FlexPainter: Flexible and Multi-View Consistent Texture Generation (2506.02620v1)

Published 3 Jun 2025 in cs.GR and cs.CV

Abstract: Texture map production is an important part of 3D modeling and determines the rendering quality. Recently, diffusion-based methods have opened a new way for texture generation. However, restricted control flexibility and limited prompt modalities may prevent creators from producing desired results. Furthermore, inconsistencies between generated multi-view images often lead to poor texture generation quality. To address these issues, we introduce \textbf{FlexPainter}, a novel texture generation pipeline that enables flexible multi-modal conditional guidance and achieves highly consistent texture generation. A shared conditional embedding space is constructed to perform flexible aggregation between different input modalities. Utilizing such embedding space, we present an image-based CFG method to decompose structural and style information, achieving reference image-based stylization. Leveraging the 3D knowledge within the image diffusion prior, we first generate multi-view images simultaneously using a grid representation to enhance global understanding. Meanwhile, we propose a view synchronization and adaptive weighting module during diffusion sampling to further ensure local consistency. Finally, a 3D-aware texture completion model combined with a texture enhancement model is used to generate seamless, high-resolution texture maps. Comprehensive experiments demonstrate that our framework significantly outperforms state-of-the-art methods in both flexibility and generation quality.

Summary

The paper introduces a flexible diffusion-based framework that generates high-quality textures with consistent multi-view results.
The paper employs a shared conditional embedding and image-based Classifier-Free Guidance to seamlessly integrate textual and visual prompts.
The paper’s view synchronization module ensures coherent texture mapping, significantly improving FID and KID metrics in experimental evaluations.

FlexPainter: Flexible and Multi-View Consistent Texture Generation

The paper entitled "FlexPainter: Flexible and Multi-View Consistent Texture Generation" presents an advanced framework for generating high-quality texture maps for 3D models with enhanced flexibility and consistency across different viewing modalities. This work addresses significant challenges encountered in the domain of texture synthesis, particularly the integration of multi-modal conditional prompts and the maintenance of intra-view consistency during texture generation.

Overview

FlexPainter emerges as a solution to improve the rendering quality in texture map production by leveraging diffusion-based generative methods. Texture maps play a critical role in various applications such as gaming, virtual reality (VR), augmented reality (AR), and digital animation. Current approaches often rely heavily on single-modal inputs, typically text or image, which limit the creative control available to designers. Additionally, ensuring consistency across different viewpoints is essential to avoid artifacts and preserve realism in textures applied to 3D models.

Key Methodologies and Contributions

The approach introduces a shared conditional embedding space that facilitates the blending of multi-modal inputs—allowing textual and visual prompts to be integrated into a unified framework. This multi-granularity control through linear operations within the embedding space allows for nuanced adjustments in texture characteristics, enhancing the designer's ability to tailor outputs to specific requirements.
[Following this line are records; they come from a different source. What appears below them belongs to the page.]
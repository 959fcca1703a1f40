-- ===== src/Kafka/Backoff.antt =====
-- pkg/kafkax/backoff.go: `Backoff`. Durations are nanoseconds; `rand.Int64N` is a parameter.
pub mod Bounds
use gosplash.Prelude.{ℕ, ◌-◌, ◌*◌, ◌^◌, ltb, if◌then◌else◌}
use gosplash.Prelude.Int.{ℤ, pos, pos_part, ltb_ℤ, ◌+ℤ◌, wrap64}

abbrev pub max_retry_attempts : ℕ
max_retry_attempts = 3

abbrev pub backoff_base : ℕ
backoff_base = 200000000

abbrev pub backoff_cap : ℤ
backoff_cap = pos 30000000000

abbrev pub max_shift : ℕ
max_shift = 20

-- How often the base is doubled: one less than the attempt, but from 0 to `max_shift`.
unfoldable pub shift_of : ℤ → ℕ
shift_of attempt =
    let shift = pos_part attempt - 1 in if ltb max_shift shift then max_shift else shift

-- The largest delay before an attempt.
unfoldable pub ceiling : ℤ → ℤ
unfolding shift_of
ceiling attempt =
    let exponential = wrap64 (pos (backoff_base * 2 ^ shift_of attempt)) in
    if ltb_ℤ backoff_cap exponential then backoff_cap else exponential

-- `Backoff`, with a draw from 0 to below a bound.
unfoldable pub backoff : (ℤ → ℤ) → ℤ → ℤ
unfolding ceiling
backoff int64_n attempt = int64_n (wrap64 (ceiling attempt +ℤ pos 1))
Furthermore, an image-based Classifier-Free Guidance (CFG) mechanism is employed to increase the adaptability and quality of generated textures. This method aids in deconstructing reference images into structural and stylistic components, allowing for aesthetic stylization guided by visual reference while suppressing unwanted structural information.

The authors address the issue of inter-view consistency by adopting a multi-view image grid representation. This approach heightens the model’s global understanding of the object, thus promoting coherence across different views. To further ensure alignment between views, a view synchronization module is deployed during diffusion sampling. This module leverages repetitive projection and rasterization steps alongside an adaptive WeighterNet—a neural network designed to aggregate partial UV maps robustly across different denoising stages.

Strong Results and Claims

Experiments conducted demonstrate FlexPainter’s superiority over existing methods concerning flexibility in conditional input and generation quality. The framework significantly outperforms state-of-the-art approaches with improved FID and KID metrics, underscoring its efficacy in generating coherent textures that align accurately with user prompts across diverse input types. Additionally, user preference studies reveal a high ranking for FlexPainter's output, validating its practical applicability and acceptance among users.

Implications and Future Directions

Practically, FlexPainter offers substantial time savings for designers by facilitating intuitive control over texture features and reducing the frequency of repetitive adjustments. Theoretically, its methodology advances the understanding of conditional embedding manipulation and synchronization in texture generation tasks.

Looking ahead, the paper suggests exploring methods to incorporate explicit lighting effects within textures, further reducing the necessary adjustments in real-world applications. Additionally, maintaining high fidelity to the original 3D mesh details when utilizing depth maps as geometric conditioning remains a challenge to be addressed.

Overall, FlexPainter provides a substantial contribution to the field of texture synthesis by enhancing control, consistency, and quality. It opens avenues for future research in multi-view consistent generation and the integration of more comprehensive environmental factors within texture maps, promoting advancements in AI-driven creative processes in 3D modeling.